The move is a strategic attempt on the company’s behalf to
restructure its portfolio of businesses and concentrate more on
high growth operations, thereby enhancing shareholder value through
proper capital allocation.
The company expects to close the deal by the year end or early 2013
and will receive $250 million in senior unsecured notes, carrying
an annual coupon of 8.5%.
What led to the Decision?
This company has been scrutinizing its business segments for
sometime as it lost substantial market value over the last 5 years.
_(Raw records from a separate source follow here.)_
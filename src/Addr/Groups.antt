-- ===== src/Addr/Groups.antt =====
-- A printed list of groups is read back, and no part of it is taken for an IPv4 address.
use proxpulse_judge.Base.{
  ℕ, zero, suc, ◌+◌, ◌*◌, ◌/◌, ◌%◌, ◌≤◌, ◌<◌, ◌≡◌, ◌≢◌, refl, sym, subst, ap, ◌∙◌, ◌⊎◌, inl, inr,
  Bool, true, false, none, some, List, [], ◌∷◌, ◌++◌, append_assoc, append-nil, arith, ltb, Text,
  All, length, Option-cases, Bool-cases,
}
use proxpulse_judge.Str.Basic.{digit_char, print_digits, join}
use proxpulse_judge.Addr.Print.{print_group, print_groups}
use proxpulse_judge.Addr.Parse.{
  to_digit, read_digits, read_number, read_octet, read_char, read_v4, read_sep, read_group,
  read_embedded, read_groups,
}
use proxpulse_judge.Addr.Digits.{Stops, read_group-print}

-- No dot before the first colon.
abbrev pub NoDot : Text → Type 0
NoDot [] = Unit
NoDot (c ∷ s) = (c ≡ b':') ⊎ ((c ≢ b'.') × NoDot s)

no_digit_colon : (c : ℕ) {d : ℕ} → to_digit 10 c ≡ some d → c ≢ b':'
unfolding to_digit
no_digit_colon c h e = ground arith

read_digits-NoDot :
    (left : ℕ) (s : Text) (n count m k : ℕ) (r : Text)
    → NoDot s
    → read_digits 10 left s n count ≡ some (m, k, r)
    → NoDot r
unfolding read_digits
read_digits-NoDot left [] n count m k r h e = ground arith
read_digits-NoDot zero (c ∷ s) n count m k r h e = ground arith
read_digits-NoDot (suc left) (c ∷ s) n count m k r (inl colon) e = ground (arith, no_digit_colon c)
read_digits-NoDot (suc left) (c ∷ s) n count m k r (inr (x, h)) e =
    elim (Option-cases (to_digit 10 c)) [
      | inl stop ↦ let same : (c ∷ s) ≡ r = ground arith in subst NoDot same (inr (x, h))
      | inr (d, more) ↦
          read_digits-NoDot left s (n * 10 + d) (count + 1) m k r h (rw (more, read_digits) at e)
    ]

NoDot-read_char : (s : Text) → NoDot s → read_char b'.' s ≡ none
unfolding read_char
NoDot-read_char [] h = refl
NoDot-read_char (c ∷ s) h = ground arith

read_octet-NoDot : (s : Text) (a : ℕ) (r : Text) → NoDot s → read_octet s ≡ some (a, r) → NoDot r
unfolding read_octet
read_octet-NoDot s a r h e = elim (Option-cases (read_digits 10 3 s 0 0)) [
  | inl stop ↦ ground arith
  | inr ((m, k, rest), more) ↦
      subst NoDot (ground arith) (read_digits-NoDot 3 s 0 0 m k rest h more)
]

-- A text with no dot before the first colon is no IPv4 address.
pub NoDot-read_v4 : (s : Text) → NoDot s → read_v4 s ≡ none
unfolding read_v4
NoDot-read_v4 s h = elim (Option-cases (read_octet s)) [
  | inl stop ↦ rw stop
  | inr ((a, r), more) ↦ rw more (rw (NoDot-read_char r (read_octet-NoDot s a r h more)))
]

digit_char-no_dot : (d : ℕ) → d < 16 → digit_char d ≢ b'.'
unfolding digit_char
digit_char-no_dot d h e = ground arith

print_digits-NoDot :
    (f n : ℕ) (acc rest : Text) → NoDot (acc ++ rest) → NoDot (print_digits 16 f n acc ++ rest)
unfolding print_digits
print_digits-NoDot zero n acc rest h = inr (digit_char-no_dot (n % 16) (omega arith), h)
print_digits-NoDot (suc f) n acc rest h = elim (Bool-cases (ltb n 16)) [
  | inl last ↦ rw last (inr (digit_char-no_dot n (ground arith), h))
  | inr more ↦ rw more (
      print_digits-NoDot f (n / 16) (digit_char (n % 16) ∷ acc) rest
        (inr (digit_char-no_dot (n % 16) (omega arith), h)))
]

pub print_group-NoDot : (g : ℕ) (rest : Text) → NoDot rest → NoDot (print_group g ++ rest)
unfolding print_group
print_group-NoDot g rest h = print_digits-NoDot 3 g [] rest h

-- The groups behind the first, each behind its colon.
unfoldable pub more_groups : List ℕ → Text
more_groups [] = []
more_groups (g ∷ gs) = b':' ∷ (print_group g ++ more_groups gs)

pub print_groups-cons :
    (g : ℕ) (gs : List ℕ) → print_groups (g ∷ gs) ≡ print_group g ++ more_groups gs
unfolding print_groups join more_groups
print_groups-cons g [] = sym (append-nil (print_group g))
print_groups-cons g (h ∷ gs) =
    append_assoc (print_group g) (b':' ∷ []) _
    ∙ ap (λ t. print_group g ++ (b':' ∷ t)) (print_groups-cons h gs)

-- What follows the groups: nothing, or `::`.
pub data End : Text → Type 0 where
  over : End []
  colons : (s : Text) → End (b':' ∷ b':' ∷ s)

more_groups-NoDot : (gs : List ℕ) (rest : Text) → End rest → NoDot (more_groups gs ++ rest)
unfolding more_groups
more_groups-NoDot [] rest over = tt
more_groups-NoDot [] rest (colons s) = inl refl
more_groups-NoDot (g ∷ gs) rest e = inl refl

more_groups-Stops : (gs : List ℕ) (rest : Text) → End rest → Stops 16 (more_groups gs ++ rest)
unfolding more_groups to_digit
more_groups-Stops [] rest over = tt
more_groups-Stops [] rest (colons s) = refl
more_groups-Stops (g ∷ gs) rest e = refl

-- The number that stands first, and what stands behind it.
group_colon : (s : Text) → read_number 16 4 65_536 true (b':' ∷ s) ≡ none
unfolding read_number to_digit
group_colon s = refl

module _ (k : ℕ) (first : Bool) (s : Text) where
  pub read_embedded-none :
      (s' : Text) → read_sep first s ≡ some s' → NoDot s' → read_embedded k first s ≡ none
  unfolding read_embedded
  read_embedded-none s' e h = ground (arith, NoDot-read_v4 s' h)

  stop_groups :
      read_embedded k first s ≡ none
      → read_group first s ≡ none
      → read_groups (suc k) first s ≡ ([], false, s)
  unfolding read_groups
  stop_groups e f = rw (e, f, read_groups)

  pub step_groups :
      (g : ℕ) (rest : Text) (gs : List ℕ) (b : Bool) (end : Text)
      → read_embedded k first s ≡ none
      → read_group first s ≡ some (g, rest)
      → read_groups k false rest ≡ (gs, b, end)
      → read_groups (suc k) first s ≡ (g ∷ gs, b, end)
  unfolding read_groups
  step_groups g rest gs b end e f h =
      rw (e, f, read_groups) (ap (λ (x : List ℕ × Bool × Text). (g ∷ x.0, x.1, x.2)) h)

read_embedded-nil : (k : ℕ) → read_embedded k false [] ≡ none
unfolding read_embedded read_sep read_char
read_embedded-nil zero = refl
read_embedded-nil (suc k) = refl

read_groups-End :
    (left : ℕ) (rest : Text) → End rest → read_groups left false rest ≡ ([], false, rest)
read_groups-End zero rest e = unfold read_groups in refl
read_groups-End (suc k) rest over =
    stop_groups k false [] (read_embedded-nil k) (unfold read_group read_sep read_char in refl)
read_groups-End (suc k) rest (colons s) =
    stop_groups k false (b':' ∷ b':' ∷ s)
      (read_embedded-none k false (b':' ∷ b':' ∷ s) (b':' ∷ s) (unfold read_sep read_char in refl)
        (inl refl))
      (unfold read_group read_sep read_char in group_colon s)

-- The groups behind the first are read up to the end.
read_more_groups :
    (gs : List ℕ) (left : ℕ) (rest : Text)
    → All (λ g. g < 65536) gs
    → length gs ≤ left
    → End rest
    → read_groups left false (more_groups gs ++ rest) ≡ (gs, false, rest)
unfolding more_groups
read_more_groups [] left rest h le e = read_groups-End left rest e
read_more_groups (g ∷ gs) zero rest h le e = absurd (omega arith)
read_more_groups (g ∷ gs) (suc k) rest (hg, h) le e =
    let s = more_groups gs ++ rest in
    rw (append_assoc (print_group g) (more_groups gs) rest) (
      step_groups k false (b':' ∷ (print_group g ++ s)) g s gs false rest
        (read_embedded-none k false _ (print_group g ++ s) (unfold read_sep read_char in refl)
          (print_group-NoDot g s (more_groups-NoDot gs rest e)))
        (unfold read_group read_sep read_char in
          read_group-print g s hg (more_groups-Stops gs rest e))
        (read_more_groups gs k rest h (omega arith) e))

print_groups-nil : print_groups [] ≡ []
unfolding print_groups
print_groups-nil = refl

pub read_no_groups :
    (left : ℕ) (rest : Text) → End rest → read_groups left true rest ≡ ([], false, rest)
read_no_groups zero rest e = unfold read_groups in refl
read_no_groups (suc k) rest over =
    stop_groups k true [] (read_embedded-none k true [] [] (unfold read_sep in refl) tt)
      (unfold read_group read_sep read_number in refl)
read_no_groups (suc k) rest (colons s) =
    stop_groups k true (b':' ∷ b':' ∷ s)
      (read_embedded-none k true (b':' ∷ b':' ∷ s) (b':' ∷ b':' ∷ s) (unfold read_sep in refl)
        (inl refl))
      (unfold read_group read_sep in group_colon (b':' ∷ s))

-- Printed groups are read back, up to the end.
pub read_groups-print :
    (gs : List ℕ) (left : ℕ) (rest : Text)
    → All (λ g. g < 65536) gs
    → length gs ≤ left
    → End rest
    → read_groups left true (print_groups gs ++ rest) ≡ (gs, false, rest)
read_groups-print [] left rest h le e = rw print_groups-nil (read_no_groups left rest e)
read_groups-print (g ∷ gs) zero rest h le e = absurd (omega arith)
read_groups-print (g ∷ gs) (suc k) rest (hg, h) le e =
    let s = more_groups gs ++ rest in
    rw (print_groups-cons g gs, append_assoc (print_group g) (more_groups gs) rest)
      (step_groups k true (print_group g ++ s) g s gs false rest
        (read_embedded-none k true _ (print_group g ++ s) (unfold read_sep in refl)
          (print_group-NoDot g s (more_groups-NoDot gs rest e)))
        (unfold read_group read_sep in read_group-print g s hg (more_groups-Stops gs rest e))
        (read_more_groups gs k rest h (omega arith) e))

pub print_groups-NoDot : (gs : List ℕ) (rest : Text) → End rest → NoDot (print_groups gs ++ rest)
print_groups-NoDot [] rest over = rw print_groups-nil tt
print_groups-NoDot [] rest (colons s) = rw print_groups-nil (inl refl)
print_groups-NoDot (g ∷ gs) rest e =
    rw (print_groups-cons g gs, append_assoc (print_group g) (more_groups gs) rest)
      (print_group-NoDot g _ (more_groups-NoDot gs rest e))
To add to its woes, its rating agency was criticized for its
decision to downgrade the U.S. economy. Further, the New York based
hedge fund, Jana Partners and the Ontario Teachers' Pension Plan,
were pushing the company to split into four separate
organizations.
In addition, the company’s education division has been confronting
shrinking revenues due to reduced spending on textbooks by the
government. Further, the company is facing execution risk
associated with its plans to develop its education division into a
subscription-based model through digital delivery.
McGraw-Hill engaged The Goldman Sachs Group Inc.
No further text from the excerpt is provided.